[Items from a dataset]
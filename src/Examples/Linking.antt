-- ===== src/Examples/Linking.antt =====
-- The linker of internal/linker on one document: an artifact `a`, the promises `b` to `a` and 1 to
-- `b`, and the promise `c` to itself.
use go_asyncapi.Common.{
  Bool, true, false, some, none, keep, zero, suc, ℕ, ◌≡◌, ◌≢◌, ◌↔◌, refl, inl, inr, List, [], ◌∷◌,
  Bytes, codes, All, arith, list_beq, bytes_eq, ◌==◌, ==_iff, Bool-cases,
}
use mathlib.Core.Path.{subst}
use mathlib.Core.Option.{some_inj}
use go_asyncapi.Common.GoMap.{lookup}
use go_asyncapi.Common.Strings.{split, has_prefix}
use go_asyncapi.Jsonpointer.{UrlPackage, parse, parse_reference, location, is_local}
use go_asyncapi.Jsonpointer.Escape.{path_unescape}
use go_asyncapi.Jsonpointer.Order.{match_pointer, compare_parts, compare_bytes}
use go_asyncapi.Linker.{
  Artifact, plain, object_promise, PromiseInfo, ObjectSource, Bindings, bind, returned, out_of_fuel,
  another, origin_ref, resolve_promises, round, visit, resolve_promise, next_target, search_target,
  single_target, list_promise,
}
use go_asyncapi.Linker.Chain.{Reaches, next}
use go_asyncapi.Linker.Order.{
  InDocument, IsSchedule, unassigned, resolve_promises-ends, resolve_promises-exact,
  loop_stays_unassigned, resolve_promises-order_irrelevant,
}
use go_asyncapi.Linker.Lists.{ListBindings, resolve_list_promises, resolve_list_promises-exact}

abbrev net : UrlPackage
net = record { url_parse = λ s. none; url_string = λ u. u.path; trim_space = λ s. s }

abbrev doc : Bytes
doc = codes "d"

abbrev reference : ℕ → Bytes
reference zero = codes "#/a"
reference (suc zero) = codes "#/b"
reference (suc (suc n)) = codes "#/c"

abbrev info : ℕ → PromiseInfo
info p = record {
  ref = reference p;
  origin = origin_ref;
  find_callback = none;
  accepts = λ a. true;
}

abbrev target : Artifact
target = plain 5 (codes "a" ∷ [])

abbrev source : ObjectSource
source = record {
  artifacts = target ∷ object_promise 0 (codes "b" ∷ []) ∷ object_promise 2 (codes "c" ∷ []) ∷ [];
  promises = 0 ∷ 1 ∷ 2 ∷ [];
}

abbrev sources : List (Bytes × ObjectSource)
sources = (doc, source) ∷ []

abbrev home : ℕ → Bytes
home p = doc

abbrev work : List (Bytes × ℕ)
work = (doc, 0) ∷ (doc, 1) ∷ (doc, 2) ∷ []

abbrev backwards : List (Bytes × ℕ)
backwards = (doc, 2) ∷ (doc, 1) ∷ (doc, 0) ∷ []

abbrev linked : Bindings
linked = bind (bind unassigned 0 target) 1 target

runs : resolve_promises net info sources 4 4 (λ r. work) 0 unassigned ≡ returned linked
unfolding resolve_promises round visit resolve_promise next_target search_target single_target parse
    parse_reference match_pointer compare_parts compare_bytes path_unescape split has_prefix lookup
    location is_local list_beq
runs = refl

runs_backwards :
    resolve_promises net info sources 4 4 (λ r. backwards) 0 unassigned
    ≡ returned (bind (bind unassigned 0 target) 1 target)
unfolding resolve_promises round visit resolve_promise next_target search_target single_target parse
    parse_reference match_pointer compare_parts compare_bytes path_unescape split has_prefix lookup
    location is_local list_beq
runs_backwards = refl

registered :
    (d : Bytes) (src : ObjectSource)
    → lookup d sources ≡ some src
    → All (InDocument home work d) src.artifacts
unfolding lookup
registered d src h = elim (Bool-cases (doc == d)) [
  | inl q ↦
      let e : doc ≡ d = (==_iff doc d).0 q in
      subst (λ s. All (InDocument home work d) s.artifacts) (some_inj.0 (rw q at h))
        (tt, ((e, inl refl), ((e, inr (inr (inl refl))), tt)))
  | inr q ↦ cc (rw q at h)
]

in_order : IsSchedule home work (λ r. work)
in_order r =
    (((refl, inl refl), ((refl, inr (inl refl)), ((refl, inr (inr (inl refl))), tt))), λ w h. h)

reversed : IsSchedule home work (λ r. backwards)
reversed r = (
  ((refl, inr (inr (inl refl))), ((refl, inr (inl refl)), ((refl, inl refl), tt))),
  λ w h. elim h [
    | inl e ↦ inr (inr (inl e))
    | inr (inl e) ↦ inr (inl e)
    | inr (inr (inl e)) ↦ inl e
    | inr (inr (inr k)) ↦ absurd k
  ],
)

resolve_promises-ends_example :
    resolve_promises net info sources 4 4 (λ r. work) 0 unassigned ≢ out_of_fuel
resolve_promises-ends_example =
    resolve_promises-ends net info sources home work registered 4 3 (λ r. work) in_order
      (omega arith) (omega arith)

resolve_promises-exact_example :
    (linked 1 ≡ some target) ↔ ((k : ℕ) × Reaches net info sources k 1 doc target)
resolve_promises-exact_example =
    resolve_promises-exact net info sources home work registered 4 3 (λ r. work) in_order
      (omega arith) linked runs 1 target (inr (inl refl))

resolve_promises-order_irrelevant_example : linked 1 ≡ linked 1
resolve_promises-order_irrelevant_example =
    resolve_promises-order_irrelevant net info sources home work registered 4 4 3 3 (λ r. work)
      (λ r. backwards) linked linked in_order reversed (omega arith) (omega arith) runs
      runs_backwards 1 (inr (inl refl))

refers_to_itself : next net info sources 2 doc ≡ another 2 doc
unfolding next_target search_target single_target parse parse_reference match_pointer compare_parts
    compare_bytes path_unescape split has_prefix lookup location is_local list_beq
refers_to_itself = refl

loop_stays_unassigned_example : linked 2 ≡ none
loop_stays_unassigned_example =
    loop_stays_unassigned net info sources home work registered 4 3 (λ r. work) linked
      (λ p d. (p ≡ 2) × (d ≡ doc)) in_order (omega arith) runs
      (λ p d h. (2, doc, rw (h.0, h.1) refers_to_itself, (refl, refl))) 2 (inr (inr (inl refl)))
      (refl, refl)

-- Promise 0 selects every artifact, the others those that are no promise.
abbrev is_plain : Artifact → Bool
is_plain (plain n ptr) = true
is_plain (object_promise q ptr) = false
is_plain (list_promise q ptr) = false

abbrev select : ℕ → Artifact → Bool
select zero a = true
select (suc p) a = is_plain a

resolve_list_promises-exact_example :
    (st : ListBindings) × (resolve_list_promises
        (λ p. some (select p))
        source.artifacts
        2
        (0 ∷ 1 ∷ [])
        (λ p. none)
      ≡ returned st)
    × All (λ p. st p ≡ some (keep (select p) source.artifacts)) (0 ∷ 1 ∷ [])
resolve_list_promises-exact_example =
    resolve_list_promises-exact (λ p. some (select p)) source.artifacts select (λ p. refl) 0
      (0 ∷ 1 ∷ [])
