-- ===== src/Locator/CommandLine.antt =====
-- parseCommandLine of internal/locator/subprocess.go. The characters are Go's runes.
use mathlib.Core.List.{foldl, cons-ne-nil}
use go_asyncapi.Common.{
  ℕ, ◌≡◌, ◌≢◌, refl, Bool, true, false, ◌||◌, List, [], ◌∷◌, ◌++◌, Bytes, codes, if◌then◌else◌, eqb,
  arith, ltb, All, append-nil, append_assoc, ap, ◌∙◌, sym, All-append, map, if_keeps, Bool-cases,
  inl, inr,
}
use go_asyncapi.Common.Strings.{join}

abbrev pub space : ℕ
space = b' '

abbrev pub double_quote : ℕ
double_quote = 34

abbrev pub single_quote : ℕ
single_quote = 39

abbrev pub backslash : ℕ
backslash = 92

-- The loop's variables; `first_quote` is 0 outside quotes.
pub record Scan : Type 0 where
  pub args : List Bytes
  pub arg : Bytes
  pub first_quote : ℕ
  pub escape_next : Bool

abbrev pub start : Scan
start = record { args = []; arg = []; first_quote = 0; escape_next = false }

abbrev pub is_nil : Bytes → Bool
is_nil [] = true
is_nil (c ∷ s) = false

-- One round of the loop.
unfoldable pub scan_rune : Scan → ℕ → Scan
scan_rune s c =
    if s.escape_next
    then record s { arg = s.arg ++ c ∷ []; escape_next = false }
    else if eqb c space
    then (if ltb 0 s.first_quote
        then record s { arg = s.arg ++ c ∷ [] }
        else if is_nil s.arg
        then s
        else record s { args = s.args ++ s.arg ∷ []; arg = [] })
    else if eqb c double_quote || eqb c single_quote
    then (if eqb c s.first_quote
        then record s { first_quote = 0 }
        else if eqb s.first_quote 0
        then record s { first_quote = c }
        else record s { arg = s.arg ++ c ∷ [] })
    else if eqb c backslash
    then record s { escape_next = true }
    else record s { arg = s.arg ++ c ∷ [] }

-- After the loop.
abbrev pub finish : Scan → List Bytes
finish s = if is_nil s.arg then s.args else s.args ++ s.arg ∷ []

unfoldable pub parse_command_line : Bytes → List Bytes
parse_command_line line = finish (foldl scan_rune start line)

parse_test :
    parse_command_line (codes "cat  'a b'c \\\"x\\\" ''")
    ≡ codes "cat" ∷ codes "a bc" ∷ codes "\"x\"" ∷ []
unfolding parse_command_line scan_rune
parse_test = refl

abbrev pub NoEmpty : List Bytes → Type 0
NoEmpty = All (λ a. a ≢ [])

push_arg-NoEmpty :
    (args : List Bytes) (arg : Bytes)
    → NoEmpty args
    → NoEmpty (if is_nil arg then args else args ++ arg ∷ [])
push_arg-NoEmpty args [] h = h
push_arg-NoEmpty args (c ∷ arg) h =
    All-append (λ a. a ≢ []) args ((c ∷ arg) ∷ []) h (cons-ne-nil c arg, tt)

space-NoEmpty :
    (s : Scan)
    → NoEmpty s.args
    → NoEmpty (if is_nil s.arg then s else record s { args = s.args ++ s.arg ∷ []; arg = [] }).args
space-NoEmpty s h = elim (Bool-cases (is_nil s.arg)) [
  | inl p ↦ rw p h
  | inr p ↦ ground (arith, p, push_arg-NoEmpty s.args s.arg h)
]

scan_rune-NoEmpty : (s : Scan) (c : ℕ) → NoEmpty s.args → NoEmpty (scan_rune s c).args
unfolding scan_rune
scan_rune-NoEmpty s c h =
    let P : Scan → Type 0 = λ t. NoEmpty t.args in
    if_keeps P s.escape_next h (
      if_keeps P (eqb c space) (if_keeps P (ltb 0 s.first_quote) h (space-NoEmpty s h)) (
        if_keeps P (eqb c double_quote || eqb c single_quote)
          (if_keeps P (eqb c s.first_quote) h (if_keeps P (eqb s.first_quote 0) h h))
          (if_keeps P (eqb c backslash) h h)))

scan-NoEmpty : (line : Bytes) (s : Scan) → NoEmpty s.args → NoEmpty (foldl scan_rune s line).args
scan-NoEmpty [] s h = h
scan-NoEmpty (c ∷ line) s h = scan-NoEmpty line (scan_rune s c) (scan_rune-NoEmpty s c h)

-- Whatever the command line is, no argument that the splitting returns is empty.
pub parse_command_line-NoEmpty : (line : Bytes) → NoEmpty (parse_command_line line)
unfolding parse_command_line
parse_command_line-NoEmpty line =
    push_arg-NoEmpty (foldl scan_rune start line).args (foldl scan_rune start line).arg
      (scan-NoEmpty line start tt)

-- The argument with a backslash before every character.
abbrev pub escape : Bytes → Bytes
escape [] = []
escape (c ∷ s) = backslash ∷ c ∷ escape s

abbrev pub scanned : List Bytes → Bytes → Scan
scanned args arg = record { args = args; arg = arg; first_quote = 0; escape_next = false }

scan-escape :
    (s : Bytes) (args : List Bytes) (arg rest : Bytes)
    → foldl scan_rune (scanned args arg) (escape s ++ rest)
      ≡ foldl scan_rune (scanned args (arg ++ s)) rest
unfolding scan_rune
scan-escape [] args arg rest =
    ap (λ a. foldl scan_rune (scanned args a) rest) (sym (append-nil arg))
scan-escape (c ∷ s) args arg rest =
    scan-escape s args (arg ++ c ∷ []) rest
    ∙ ap (λ a. foldl scan_rune (scanned args a) rest) (append_assoc arg (c ∷ []) s)

scan-space :
    (args : List Bytes) (c : ℕ) (arg : Bytes)
    → scan_rune (scanned args (c ∷ arg)) space ≡ scanned (args ++ (c ∷ arg) ∷ []) []
unfolding scan_rune
scan-space args c arg = refl

finish-escape :
    (args : List Bytes) (a : Bytes)
    → a ≢ []
    → finish (foldl scan_rune (scanned args []) (escape a)) ≡ args ++ a ∷ []
finish-escape args [] h = absurd (h refl)
finish-escape args (c ∷ a) h =
    ap (λ r. finish (foldl scan_rune (scanned args []) r)) (sym (append-nil (escape (c ∷ a))))
    ∙ ap finish (scan-escape (c ∷ a) args [] [])

scan-argument :
    (args : List Bytes) (a rest : Bytes)
    → a ≢ []
    → foldl scan_rune (scanned args []) (escape a ++ space ∷ rest)
      ≡ foldl scan_rune (scanned (args ++ a ∷ []) []) rest
scan-argument args [] rest h = absurd (h refl)
scan-argument args (c ∷ a) rest h =
    scan-escape (c ∷ a) args [] (space ∷ rest)
    ∙ ap (λ t. foldl scan_rune t rest) (scan-space args c a)

scan-join :
    (args argv : List Bytes)
    → NoEmpty argv
    → finish (foldl scan_rune (scanned args []) (join space (map escape argv))) ≡ args ++ argv
unfolding join
scan-join args [] h = sym (append-nil args)
scan-join args (a ∷ []) (h, _) = finish-escape args a h
scan-join args (a ∷ b ∷ argv) (h, hs) =
    ap finish (scan-argument args a (join space (map escape (b ∷ argv))) h)
    ∙ scan-join (args ++ a ∷ []) (b ∷ argv) hs
    ∙ append_assoc args (a ∷ []) (b ∷ argv)

-- Every list of nonempty arguments, whatever spaces, quotes and backslashes they hold, is what the
-- splitting returns for some line: the arguments with each character escaped by a backslash, joined
-- by a space.
pub parse_command_line-escape :
    (argv : List Bytes) → NoEmpty argv → parse_command_line (join space (map escape argv)) ≡ argv
unfolding parse_command_line
parse_command_line-escape argv h = scan-join [] argv h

§ WORK ORDER
Could you count how many lines in the records contain the word "that"? Only the number is needed.

§ SOLUTION TO THIS PROBLEM
2